Chancellor leveled his eyes on Morgan. “I’ll jump. Hoover died four months ago, and no autopsy was permitted. And those files were missing.”
There was silence at the table. Morgan leaned forward, revolving his glass slowly, the ice cubes circling in the whisky. “That’s quite a jump. Hoover was damned near eighty years old; he had a heart condition.”
“Who says those files are missing?” asked Harris. “They could have been destroyed, shredded. Or buried.”
“Of course, they could,” agreed Peter.
“But you’re implying that someone killed Hoover for them,” said Morgan.
“I’m not implying, I’m stating it. As a fictional premise, not as fact. I didn’t say I believed it, but I think I could make it believable.”
Again there was silence. Morgan looked at Harris, and then at Peter. “It’s a sensational idea,” he said cautiously. “A powerful hypothesis. Perhaps too powerful, too current. You’d have to build a solid foundation, and I don’t know if that’s possible.”
“This man on the beach,” said Joshua. “This man neither of us will identify. Does he believe it?”
Chancellor stared at his drink. He realized that when he answered Harris, his voice was as tentative as his judgment. “I don’t really know. I have an idea—and it’s just an idea—that he thinks the killing was on a drawing board somewhere. That was enough for him. Enough for him to give me two sources to check out.”

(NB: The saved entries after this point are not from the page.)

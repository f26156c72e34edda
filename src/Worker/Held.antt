-- ===== src/Worker/Held.antt =====
-- Jobs that were handed out, against those that are stored.
use ts_queue.Job.{Job, is_waiting, reserved}
use ts_queue.Jobs.{get, without, reserve}
use ts_queue.Jobs.Ids.{IdsDistinct, keep-IdsDistinct}
use ts_queue.Jobs.Views.{get-without}
use ts_queue.Prelude.{
  ℕ, ◌≤◌, ◌<◌, String, true, List, [], ◌∷◌, Option, none, some, ◌≡◌, ◌≢◌, subst, arith, Bool-cases,
  Option-cases, inl, inr, same, if◌then◌else◌,
}
use ts_queue.Worker.Weights.{allowance}

-- A job within its allowance; one that waits has an attempt left.
abbrev pub IsWithin : Job → Type 0
IsWithin j = (j.attempts ≤ allowance j) × (is_waiting j.status ≡ true → j.attempts < allowance j)

-- The jobs that are stored and those that are held, each found by its id.
pub record IsOrdered (jobs held : List Job) : Type 0 where
  pub held_distinct : IdsDistinct held
  pub held_reserved : (i : String) (h : Job) → get i held ≡ some h → h.status ≡ reserved
  pub backed : (i : String) (h j : Job) → get i held ≡ some h → get i jobs ≡ some j → j ≡ h
  pub owned :
      (i : String) (j : Job) → get i jobs ≡ some j → j.status ≡ reserved → get i held ≡ some j
  pub within : (i : String) (j : Job) → get i jobs ≡ some j → IsWithin j

pub none-IsOrdered : IsOrdered [] []
none-IsOrdered = record {
  held_distinct = tt;
  held_reserved = λ i h e. absurd (cc);
  backed = λ i h j g e. absurd (cc);
  owned = λ i j e r. absurd (cc);
  within = λ i j e. absurd (cc);
}

-- Fewer jobs are stored.
pub shrink-IsOrdered :
    (jobs held after : List Job)
    → ((i : String) (j : Job) → get i after ≡ some j → get i jobs ≡ some j)
    → IsOrdered jobs held
    → IsOrdered after held
shrink-IsOrdered jobs held after sub o = record {
  held_distinct = o.held_distinct;
  held_reserved = o.held_reserved;
  backed = λ i h j g e. o.backed i h j g (sub i j e);
  owned = λ i j e r. o.owned i j (sub i j e) r;
  within = λ i j e. o.within i j (sub i j e);
}

-- One more job is stored, which waits and is not held.
pub store-IsOrdered :
    (jobs held after : List Job) (job : Job)
    → ((i : String) → get i after ≡ (if same job.id i then some job else get i jobs))
    → get job.id held ≡ none
    → is_waiting job.status ≡ true
    → job.attempts ≡ 0
    → IsOrdered jobs held
    → IsOrdered after held
store-IsOrdered jobs held after job view free w z o = record {
  held_distinct = o.held_distinct;
  held_reserved = o.held_reserved;
  backed = λ i h j g e'. ground (arith, view i, g, e', o.backed i h j, free);
  owned = λ i j e' r. ground (arith, view i, e', r, o.owned i j, w);
  within = λ i j e'. elim (Bool-cases (same job.id i)) [
    | inl p ↦
        let q : job ≡ j = ground (arith, view i, e', p) in
        subst IsWithin q (omega (arith, z), λ x. omega (arith, z))
    | inr p ↦ o.within i j (ground (arith, view i, e', p))
  ];
}

-- A stored job that waits is not held.
pub waiting-free :
    (jobs held : List Job) (n : Job)
    → get n.id jobs ≡ some n
    → is_waiting n.status ≡ true
    → IsOrdered jobs held
    → get n.id held ≡ none
waiting-free jobs held n g w o = elim (Option-cases (get n.id held)) [
  | inl f ↦ f
  | inr (h, f) ↦
      let q = o.backed n.id h n f g in
      let r = o.held_reserved n.id h f in absurd (ground (arith, q, r, w))
]

-- A job is stored as reserved and handed out, which nobody holds.
pub take_free-IsOrdered :
    (jobs held after : List Job) (n : Job) (now : ℕ)
    → ((i : String) → get i after ≡ (if same n.id i then some (reserve now n) else get i jobs))
    → get n.id held ≡ none
    → n.attempts < allowance n
    → IsOrdered jobs held
    → IsOrdered after (reserve now n ∷ held)
take_free-IsOrdered jobs held after n now view free room o = record {
  held_distinct = (free, o.held_distinct);
  held_reserved = λ i h e'. ground (arith, e', o.held_reserved i h);
  backed = λ i h j e' k. ground (arith, view i, e', k, o.backed i h j);
  owned = λ i j e' r. ground (arith, view i, e', r, o.owned i j);
  within = λ i j e'. elim (Bool-cases (same n.id i)) [
    | inl p ↦
        let q : reserve now n ≡ j = ground (arith, view i, e', p) in
        subst IsWithin q (omega (arith, room), λ x. absurd (cc))
    | inr p ↦ o.within i j (ground (arith, view i, e', p))
  ];
}

-- A waiting job is popped.
pub take-IsOrdered :
    (jobs held after : List Job) (n : Job) (now : ℕ)
    → ((i : String) → get i after ≡ (if same n.id i then some (reserve now n) else get i jobs))
    → get n.id jobs ≡ some n
    → is_waiting n.status ≡ true
    → IsOrdered jobs held
    → IsOrdered after (reserve now n ∷ held)
take-IsOrdered jobs held after n now view g w o =
    take_free-IsOrdered jobs held after n now view (waiting-free jobs held n g w o)
      ((o.within n.id n g).1 w) o

-- A held job is settled: what is left under its id waits or is done.
pub settle-IsOrdered :
    (jobs held after : List Job) (h : Job) (left : Option Job)
    → ((i : String) → get i after ≡ (if same h.id i then left else get i jobs))
    → ((j : Job) → left ≡ some j → (j.status ≢ reserved) × IsWithin j)
    → IsOrdered jobs held
    → IsOrdered after (without h.id held)
settle-IsOrdered jobs held after h left view settled o = record {
  held_distinct = keep-IdsDistinct _ held o.held_distinct;
  held_reserved = λ i k g. ground (arith, get-without h.id held i, g, o.held_reserved i k);
  backed = λ i k j g e. ground (arith, get-without h.id held i, view i, g, e, o.backed i k j);
  owned = λ i j e r. elim (Bool-cases (same h.id i)) [
    | inl p ↦ absurd ((settled j (ground (arith, view i, e, p))).0 r)
    | inr p ↦
        ground (arith, get-without h.id held i, p, o.owned i j (ground (arith, view i, e, p)) r)
  ];
  within = λ i j e. elim (Bool-cases (same h.id i)) [
    | inl p ↦ (settled j (ground (arith, view i, e, p))).1
    | inr p ↦ o.within i j (ground (arith, view i, e, p))
  ];
}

“Connected to Hoover?” asked Morgan.
“No, he didn’t go so far as to claim that. He said it was only speculation. One name’s related to that group in Washington who were nervous about the files, and Hoover’s use of them. The other’s pretty farfetched. It concerns lost information over twenty years old.”
Morgan held Peter’s attention. “They could be your foundation.”
“Sure. But if there’s any truth at all about that group, I’d have to fictionalize completely. He’s that kind of man. The other I don’t know anything about.”
“Do you want to tell us who they are?” asked Joshua. “Not yet. I just want your reaction to the idea. To a novel about Hoover’s assassination. Killed by people who knew of those files and wanted them for their own purposes.”
“It’s sensational,” repeated Morgan.
“It’s going to cost you,” said Harris, looking at the editor.